___ Supplied information ___

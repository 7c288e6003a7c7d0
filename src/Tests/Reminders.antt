-- ===== src/Tests/Reminders.antt =====
-- Reminders at concrete inputs.
use tachy_cognitive_ai_agent.Common.{
  ℕ, ◌+◌, ◌*◌, ◌≤◌, ◌<◌, ◌≡◌, refl, true, false, none, some, List, [], ◌∷◌,
}
use tachy_cognitive_ai_agent.Common.Text.{
  codes, lower, strip, strip_by, drop_while, is_space, contains, contains_any, is_prefix,
}
use tachy_cognitive_ai_agent.Database.{TableOps}
use tachy_cognitive_ai_agent.Database.Memory.{memory, memory-IsLawful}
use tachy_cognitive_ai_agent.Safety.World.{returned, log_event}
use tachy_cognitive_ai_agent.WallClock.{minute, ist_date, Shows}
use tachy_cognitive_ai_agent.ProspectiveMemory.Parse.{
  Patterns, deterministic_parse, minutes_of, InWindow, deterministic_parse-InWindow, mk_due,
  mk_due-Shows,
}
use tachy_cognitive_ai_agent.ProspectiveMemory.{
  ScheduledAction, Memory, LightReply, no_due, Inbound, created, extract, has_future_cue, session,
}
use tachy_cognitive_ai_agent.ProspectiveMemory.Kept.{Kept, extract-Kept, parsed_is_created}
use tachy_cognitive_ai_agent.ProspectiveMemory.Sending.{fire_due}
use tachy_cognitive_ai_agent.ProspectiveMemory.Sending.Fired.{fire_due-calls}
use tachy_cognitive_ai_agent.Tests.Data.{table, settings}
use tachy_cognitive_ai_agent.Tests.Payloads.{payloads}
use tachy_cognitive_ai_agent.Tests.Send.{services, greeting, world_of}

abbrev actions : TableOps ScheduledAction
actions = memory ScheduledAction

-- "10 minute baad"
abbrev patterns : Patterns
patterns = record {
  relative = λ low. some (10, codes "minute");
  soft = λ low. false;
  clock = λ low. none;
  intent = λ low. false;
}

abbrev light : List ℕ → LightReply
light msg = no_due

abbrev whole : List ℕ → List ℕ
whole msg = msg

abbrev inbound : Inbound
inbound = record {
  message = codes "10 minute baad";
  conversation_id = 3;
  person = none;
  is_guardian = true;
}

abbrev memory_of : Memory actions table
memory_of = record { actions = []; world = world_of [] }

in_ten : deterministic_parse patterns (codes "10 minute baad") 5 ≡ some (5 + 10 * minute)
unfolding deterministic_parse minutes_of lower is_prefix
in_ten = refl

deterministic_parse-InWindow_example : InWindow 5 (5 + 10 * minute)
deterministic_parse-InWindow_example =
    deterministic_parse-InWindow patterns (codes "10 minute baad") 5 (5 + 10 * minute) in_ten

-- 08:15 of the next day, asked for at 05:30 local time.
abbrev morning : ℕ
morning = 96300000000

tomorrow : mk_due 8 15 5 1 ≡ some morning
unfolding mk_due
tomorrow = refl

mk_due-Shows_example :
    Shows 8 15 morning
    × (0 < 1 → ist_date morning ≡ ist_date 5 + 1)
    × (◌≡◌ {A = ℕ} 1 0 → (5 < morning) × ((t : ℕ) → 5 < t → Shows 8 15 t → morning ≤ t))
mk_due-Shows_example = mk_due-Shows 8 15 5 1 morning tomorrow

parsed_is_created_example :
    let (o, s') = extract patterns whole light true inbound memory_of in
    (id : ℕ) × (o ≡ returned (created id (5 + 10 * minute) (codes "10 minute baad")))
    × Kept inbound 5 id (5 + 10 * minute) (codes "10 minute baad") s'
unfolding strip strip_by drop_while is_space has_future_cue contains_any contains is_prefix lower
    deterministic_parse minutes_of
parsed_is_created_example =
    parsed_is_created (memory-IsLawful ScheduledAction) patterns whole light inbound memory_of
      (5 + 10 * minute) refl refl refl refl

extract-Kept_example :
    (true ≡ true)
    × (true ≡ true)
    × Kept inbound 5 0
        (5 + 10 * minute)
        (codes "10 minute baad")
        (extract patterns whole light true inbound memory_of).1
unfolding extract strip strip_by drop_while is_space has_future_cue contains_any contains is_prefix
    lower deterministic_parse minutes_of session log_event
extract-Kept_example =
    extract-Kept (memory-IsLawful ScheduledAction) patterns whole light true inbound memory_of 0
      (5 + 10 * minute) (codes "10 minute baad") refl

fire_due-calls_example :
    (fire_due payloads services settings false
      (λ now t. (0, greeting) ∷ [])
      true
      memory_of).1.world.calls
    ≡ []
fire_due-calls_example =
    fire_due-calls payloads services settings (λ now t. (0, greeting) ∷ []) true memory_of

___

• **Task description**
The lines to copy are those above that contain "Tests".

• **Output of the exercise**
filename src/Tests/Reminders.antt
-- ===== src/Tests/Reminders.antt =====
use tachy_cognitive_ai_agent.Tests.Data.{table, settings}
use tachy_cognitive_ai_agent.Tests.Payloads.{payloads}
use tachy_cognitive_ai_agent.Tests.Send.{services, greeting, world_of}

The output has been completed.